Segment Start: RECORDS SUPPLIED
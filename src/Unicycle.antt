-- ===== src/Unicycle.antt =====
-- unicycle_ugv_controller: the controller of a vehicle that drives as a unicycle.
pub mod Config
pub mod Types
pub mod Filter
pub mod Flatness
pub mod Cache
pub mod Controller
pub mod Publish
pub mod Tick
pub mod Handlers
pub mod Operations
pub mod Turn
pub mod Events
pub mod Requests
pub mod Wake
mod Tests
Segment End: RECORDS SUPPLIED
→ WHAT IS EXPECTED:
Among the lines of the material, some contain the string "antt". State how many, and nothing more.

→ RESPONSE BELOW:
2